Mais ou menos por essa época
(idos anos 60), as Irmãs Paulinas iam de casa em casa vender livros e eu me
lembro que a minha mãe comprou-me um que tinha como título "O pequeno
Henrique". Para minha irmã comprou "A cega de Sorrento". Por muitos anos esses
foram os nossos únicos tesouros que se juntaram a outros, recebidos ao fim do
ano como prêmio de primeiro lugar na turma. Lembro dos títulos "Os dois
cavalinhos" e "O prisioneiro da montanha" de Fidélis Dalcin Barbosa.
Depois vieram as enciclopédias que eu amava de paixão e folheava sem parar...

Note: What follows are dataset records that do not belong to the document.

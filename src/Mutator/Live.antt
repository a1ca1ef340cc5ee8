-- ===== src/Mutator/Live.antt =====
-- internal/mutator/retire.go and install.go: addresses that are live, or looks that do not tell.
use mathlib.Core.List.{Memᴰ}
use molebridge.Base.{
  ℕ, zero, suc, Bool, true, false, ◌||◌, ◌≡◌, refl, ◌∙◌, ◌⊎◌, inl, inr, Option, none, some, List,
  Bool-cases, arith,
}
use molebridge.Rtnl.Addr.{Family, Addr}
use molebridge.Rtnl.Rule.{Rule}
use molebridge.Rtnl.Route.{Snapshot}
use molebridge.Contract.Config.{is_gluetun, is_gluetun_sidecar}
use molebridge.Contract.Spec.{Spec}
use molebridge.Contract.Plan.{interest, no_items}
use molebridge.Mutator.Kernel.{Options}
use molebridge.Mutator.Owner.{Fault, Answer, err, got, Owner, looked, snapshot}
use molebridge.Mutator.Lawful.{Lawful}
use molebridge.Mutator.Kept.{Looks}
use molebridge.Mutator.Gapless.{Held-Looks}
use molebridge.Mutator.Rounds.{record_pass}
use molebridge.Mutator.Settle.{
  further_looks, of_family, look_unless, stable_look, unverified, settle, settle_from, begin,
  retire_return_path, retire_valid, retire_look, retire_on, on_any_link,
}

abbrev pub AnswerHas : (Snapshot → Type 0) → Answer Snapshot → Type 0
AnswerHas Q (err e) = Unit
AnswerHas Q (got snap) = Q snap

-- What every look of a kernel has, and what a look does not change.
module _ {K : Type 0} (o : Options K) (P : K → Type 0) (looks : Looks o.kernel P)
    (Q : Snapshot → Type 0)
    (shows : (ts : List ℕ) (k : K) (snap : Snapshot)
      → (o.kernel.take ts k).0 ≡ some snap
      → Q snap) where
  -- The state after looks: the Spec is the same, and the predicate is kept.
  abbrev pub Same : Owner K → Owner K → Type 0
  Same t t' = (t'.spec ≡ t.spec) × P t'.kernel

  looked-Same :
      (a : Option Snapshot) (t : Owner K)
      → ((snap : Snapshot) → a ≡ some snap → Q snap)
      → P t.kernel
      → AnswerHas Q (looked o a t).0 × Same t (looked o a t).1
  unfolding looked
  looked-Same none t q h = (tt, (refl, h))
  looked-Same (some snap) t q h = (q snap refl, (refl, h))

  snapshot-Same :
      (t : Owner K) → P t.kernel → AnswerHas Q (snapshot o t).0 × Same t (snapshot o t).1
  unfolding snapshot
  snapshot-Same t h = elim (Bool-cases (o.kernel.expired t.kernel)) [
    | inl e ↦ rw e (tt, (refl, h))
    | inr e ↦ rw e (
        looked-Same (o.kernel.take (interest t.spec) t.kernel).0 _
          (shows (interest t.spec) t.kernel) (looks.by_take (interest t.spec) t.kernel h))
  ]

  look_unless-Same :
      (a : Answer Snapshot) (t t' : Owner K) (rest : Answer Snapshot × Owner K)
      → AnswerHas Q a × Same t t'
      → AnswerHas Q rest.0 × Same t rest.1
      → AnswerHas Q (look_unless o a t' rest).0 × Same t (look_unless o a t' rest).1
  unfolding look_unless
  look_unless-Same (err e) t t' rest h k = h
  look_unless-Same (got snap) t t' rest h k = elim (Bool-cases snap.unstable) [
    | inl e ↦ simp e k
    | inr e ↦ simp e h
  ]

  pub stable_look-Same :
      (n : ℕ) (t : Owner K)
      → P t.kernel
      → AnswerHas Q (stable_look o n t).0 × Same t (stable_look o n t).1
  unfolding stable_look
  stable_look-Same zero t h = snapshot-Same t h
  stable_look-Same (suc n) t h =
      let (answer, t') = snapshot o t in
      let (q, (e, k)) = snapshot-Same t h in
      let (q2, (e2, k2)) = stable_look-Same n t' k in
      look_unless-Same answer t t' (stable_look o n t') (q, (e, k)) (q2, (e2 ∙ e, k2))

module _ {K : Type 0} (o : Options K) (holds : K → Family → List Rule)
    (l : Lawful o.kernel holds) where
  Held : Family → Rule → K → Type 0
  Held f x k = Memᴰ x (holds k f)

  held_looks : (f : Family) (x : Rule) → Looks o.kernel (λ k. Memᴰ x (holds k f))
  held_looks f x = Held-Looks o.kernel holds l f (λ rs. Memᴰ x rs) (λ xs ys sub. sub x)

  -- A look that cannot tell that the address is gone.
  abbrev pub Tells : Family → Addr → Snapshot → Type 0
  Tells f a snap = (snap.unstable ≡ true) ⊎ (on_any_link o a (snap.addrs f) ≡ true)

  -- A retirement that reports an error and changes neither the Spec nor the rule.
  abbrev pub Refused : Family → Rule → Owner K → List Fault × Owner K → Type 0
  Refused g x t r = (no_items r.0 ≡ false) × ((r.1.spec ≡ t.spec) × Memᴰ x (holds r.1.kernel g))

  retire_look-Refused :
      (g : Family) (x : Rule) (f : Family) (a : Addr) (ans : Answer Snapshot) (t t' : Owner K)
      → AnswerHas (Tells f a) ans
      → (t'.spec ≡ t.spec) × Memᴰ x (holds t'.kernel g)
      → Refused g x t (retire_look o f a ans t')
  unfolding retire_look retire_on
  retire_look-Refused g x f a (err e) t t' q h = (refl, h)
  retire_look-Refused g x f a (got snap) t t' q h = elim (Bool-cases snap.unstable) [
    | inl e ↦ simp e (refl, h)
    | inr e ↦ elim q [ inl u ↦ absurd (ground (arith, u, e)) | inr u ↦ simp (e, u) (refl, h) ]
  ]

  -- While no stable look shows the address gone, the retirement of a native exit's return-path
  -- address reports an error, leaves the expected state as it is and every rule where it is, on a
  -- kernel that behaves as documented.
  pub retire_return_path-Refused :
      (f : Family) (a : Addr) (t : Owner K) (g : Family) (x : Rule)
      → is_gluetun t.spec.config ≡ false
      → ((ts : List ℕ) (k : K) (snap : Snapshot)
          → (o.kernel.take ts k).0 ≡ some snap
          → Tells f a snap)
      → Memᴰ x (holds t.kernel g)
      → Refused g x t (retire_return_path o f (some a) t)
  unfolding retire_return_path retire_valid begin
  retire_return_path-Refused f a t g x n shows m =
      let (ans, t') = stable_look o further_looks (begin o t) in
      let (q, h) =
        stable_look-Same o (λ k. Memᴰ x (holds k g)) (held_looks g x) (Tells f a) shows
          further_looks (begin o t) m in
      elim (Bool-cases (is_gluetun_sidecar t.spec.config || is_gluetun t.spec.config)) [
        | inl e ↦ absurd (ground (arith, e, n))
        | inr e ↦ rw e (elim (Bool-cases (of_family f (some a))) [
          | inl b ↦ rw b (retire_look-Refused g x f a ans t t' q h)
          | inr b ↦ rw b (refl, (refl, m))
        ])
      ]

  settle_from-unsure :
      (before both : Spec) (f : Family) (old : Option Addr) (next : Addr) (failed : Bool)
      (ans : Answer Snapshot) (t t' : Owner K) (g : Family) (x : Rule)
      → AnswerHas (λ snap. snap.unstable ≡ true) ans
      → (t'.spec ≡ t.spec) × Memᴰ x (holds t'.kernel g)
      → Refused g x t (settle_from o before both f old next failed ans t')
        × ((settle_from o before both f old next failed ans t').1.ready ≡ false)
  unfolding settle_from unverified record_pass
  settle_from-unsure before both f old next failed (err e) t t' g x q h = ((refl, h), refl)
  settle_from-unsure before both f old next failed (got snap) t t' g x q h =
      simp q ((refl, h), refl)

  -- While every look is unstable, the end of a return-path transaction reports an error, leaves
  -- the expected state as it is and every rule where it is, on a kernel that behaves as
  -- documented, and the owner is not ready.
  pub settle-unsure :
      (before both : Spec) (f : Family) (old : Option Addr) (next : Addr) (failed : Bool)
      (t : Owner K) (g : Family) (x : Rule)
      → ((ts : List ℕ) (k : K) (snap : Snapshot)
          → (o.kernel.take ts k).0 ≡ some snap
          → snap.unstable ≡ true)
      → Memᴰ x (holds t.kernel g)
      → Refused g x t (settle o before both f old next failed t)
        × ((settle o before both f old next failed t).1.ready ≡ false)
  unfolding settle
  settle-unsure before both f old next failed t g x shows m =
      let (ans, t') = stable_look o further_looks t in
      let (q, h) =
        stable_look-Same o (λ k. Memᴰ x (holds k g)) (held_looks g x) (λ snap. snap.unstable ≡ true)
          shows further_looks t m in
      settle_from-unsure before both f old next failed ans t t' g x q h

E mais tarde, na adolescência, pude participar da Biblioteca das Moças, onde
podíamos pegar emprestados um livro por vez, a cada semana. Como a minha irmã
também pegava um, acabávamos lendo dois livros por semana porque nos revezámos
com a leitura.
Nesta época li todos os grandes romances do
cristianismo, as Mulherzinhas de Louisa May Alcott e tantos outros que nem
lembro mais... Anotava todos os títulos que lia em uma lista que acabei
perdendo depois...
Como era difícil adquirirmos os livros, íamos
emprestando de um ou de outro.
Lembro que costumava frequentar
assiduamente a biblioteca do colégio das freiras, o MTM, de Criciúma, onde eu
fazia o Colégio Normal. Chegava cedo unicamente para desfrutar de uns minutos
de tranquilidade a sós com os amados livros. Qualquer horário vago eu ia para
lá, para o meu refúgio.
Agora que ficou mais fácil a compra de livros,
fico embevecida, quase em transe hipnótico quando entro em uma livraria. Fico
em estado de euforia e acabo levando muitos e muitos livros. E me deleito a
folheá-los e a cheirá-los com carinho.
Na minha cabeceira tenho vários
livros que leio toda noite. Gosto de manuseá-los, escrever neles, anotar nas
páginas, marcar como se fora um sinal. Meus livros são verdadeiros diários.
Contam segredos.
Os livros da Cecília, por exemplo, têm anotações em
quase todas as páginas e as datas sucedem-se, mas os sentimentos permanecem
porque eternos como a palavra impressa.
E uma outra coisa: adoro reler
os livros. Uma, duas, três vezes. Têm livros que estão na casa de praia e que
releio a cada verão. Não me cansam e a cada leitura descubro novos elementos.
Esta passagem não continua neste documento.